# What are you looking at?



## mraymer (Aug 30, 2008)

If I lived anywhere near here I would investigate this myself, but alas, I'm quite a distance away. Will someone who's visited Nightmares Fear Factory near Clifton Hill in Niagara Falls Canada tell me what these people are looking at?

http://www.flickr.com/photos/nightmaresfearfactory/

Most of these people look absolutely terrified and/or disgusted. It's just page after page of photos of people, male and female, young and old, that look genuinely scared of something. There's lots and lots of shirts being tugged and pulled on as well as using another person as a human shield.
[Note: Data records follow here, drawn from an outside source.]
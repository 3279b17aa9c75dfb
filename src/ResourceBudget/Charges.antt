-- ===== src/ResourceBudget/Charges.antt =====
-- What a run's budget lets through.
use mathlib.Core.Path.{subst}
use partha.Prelude.{ap, ℕ, ◌+◌, ◌≤◌, ◌≡◌, ◌↔◌, refl, Option, none, some, List, [], ◌∷◌, All}
use partha.ResourceBudget.{AnalysisResourceBudget}
use partha.ResourceBudget.Stream.{
  Raised, ManifestPath, follow, stream_path, yielded, continue, stream,
}
use partha.ResourceBudget.Served.{IsServed, size_of, total, present}
use partha.ResourceBudget.Calls.{
  some_is_not, SameLimits, Passes, Needs, seq-Needs, nothing-Needs, stream_path-Needs,
}

module _ (l : AnalysisResourceBudget) where
  continue-follow :
      (m : ManifestPath) (r : Option Raised × AnalysisResourceBudget)
      (rest : AnalysisResourceBudget → List (List ℕ) × (Option Raised × AnalysisResourceBudget))
      → follow r (λ after. (rest after).1) ≡ (continue m r rest).1
  continue-follow m (some e, after) rest = refl
  continue-follow m (none, after) rest = refl

  stream-Needs :
      (paths : List ManifestPath)
      → Needs l (All (IsServed l) paths) (total paths) (λ b. (stream paths b).1)
  unfolding stream
  stream-Needs [] b limits fits = nothing-Needs l b limits fits
  stream-Needs (m ∷ paths) b limits fits =
      subst (λ r. Passes l (All (IsServed l) (m ∷ paths)) (total (m ∷ paths)) r b)
        (continue-follow m (stream_path m b) (stream paths))
        (seq-Needs l (IsServed l m) (All (IsServed l) paths) (size_of m.source) (total paths)
          (stream_path m) (λ after. (stream paths after).1) (stream_path-Needs l m)
          (stream-Needs paths) b limits fits)

continue-yielded :
    (m : ManifestPath) (r : Option Raised × AnalysisResourceBudget)
    (rest : AnalysisResourceBudget → List (List ℕ) × (Option Raised × AnalysisResourceBudget))
    (others : List (List ℕ))
    → ((b : AnalysisResourceBudget) → (rest b).1.0 ≡ none → (rest b).0 ≡ others)
    → (continue m r rest).1.0 ≡ none
    → (continue m r rest).0 ≡ yielded m others
continue-yielded m (some e, after) rest others h e' = absurd (some_is_not e')
continue-yielded m (none, after) rest others h e = ap (yielded m) (h after e)

stream-present :
    (paths : List ManifestPath) (b : AnalysisResourceBudget)
    → (stream paths b).1.0 ≡ none
    → (stream paths b).0 ≡ present paths
unfolding stream
stream-present [] b h = refl
stream-present (m ∷ paths) b h =
    continue-yielded m (stream_path m b) (stream paths) (present paths) (stream-present paths) h

-- On a budget with what was charged before within its limit, the stream ends with nothing raised exactly
-- where all the files that are there fit together what is left of the budget, no callback raises, no path
-- is unsafe, and every reading, of the callbacks, of the checkpoints before and after each file and of its
-- charge, is within the limits. It has then yielded the paths of the files that are there, in the order of the
-- manifest, and charged their sizes.
pub stream_lem :
    (paths : List ManifestPath) (b : AnalysisResourceBudget)
    → b.charged ≤ b.max_source_bytes
    → let (out, (stopped, after)) = stream paths b in
      ((stopped ≡ none) ↔ ((b.charged + total paths ≤ b.max_source_bytes) × All (IsServed b) paths))
      × (stopped ≡ none → (out ≡ present paths) × (after.charged ≡ b.charged + total paths))
stream_lem paths b fits =
    let limits : SameLimits b b = record {
      source_limit = refl;
      rss_limit = refl;
      time_limit = refl;
      start = refl;
    } in
    let (iff, effect) = stream-Needs b paths b limits fits in
    (iff, λ e. (stream-present paths b e, (effect e).1))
I genuinely want to know what it is they are looking at and reacting to. Anyone in the area that has visited care to share?


----------



## snigglez (Jun 4, 2009)

You might not be able to find out .... I bet the company wouldnt want it to get out exactly what goes on at that point. I found their Youtube video site if you want to check it out some kinda of funny the faces the reactions

http://www.youtube.com/nightmaresfear#p/u/1/6D_wtq2UXEA

Check this out too:

http://www.youtube.com/nightmaresfear#p/u/18/MQy5tqJ00jE

There is a whole list of different videos kinda kewl


----------



## stick (Apr 2, 2009)

it looks like it would be fun to see what is up there.


----------



## Lurks in the shadows (Mar 12, 2005)

My ex and I went there 4-5 years ago.
I honestly can't tell you what's there.
We saw our picture at the end, didn't buy it. Yet had no idea when they took it!
The entire haunt is in pitch dark! There are only a couple of times where a strobe or any light at all is present.
For the most part, you are trying to feel your way around what seems to be a huge maze... While someone (wearing night-vision gear) is stalking along behind you! They make little noises, grunting, snorting and such, sometimes right in your ear!
It was the absolute best haunt I have ever been to!


My ex was crying and saying that she was going to say "Nightmares!" (chicken out) when a voice quietly said, "You're almost done." We took two or three more steps and it was over!


Well, as I said, we looked at the picture but couldn't figure out when they took it!

If you ever get the chance to go there, DO IT!


----------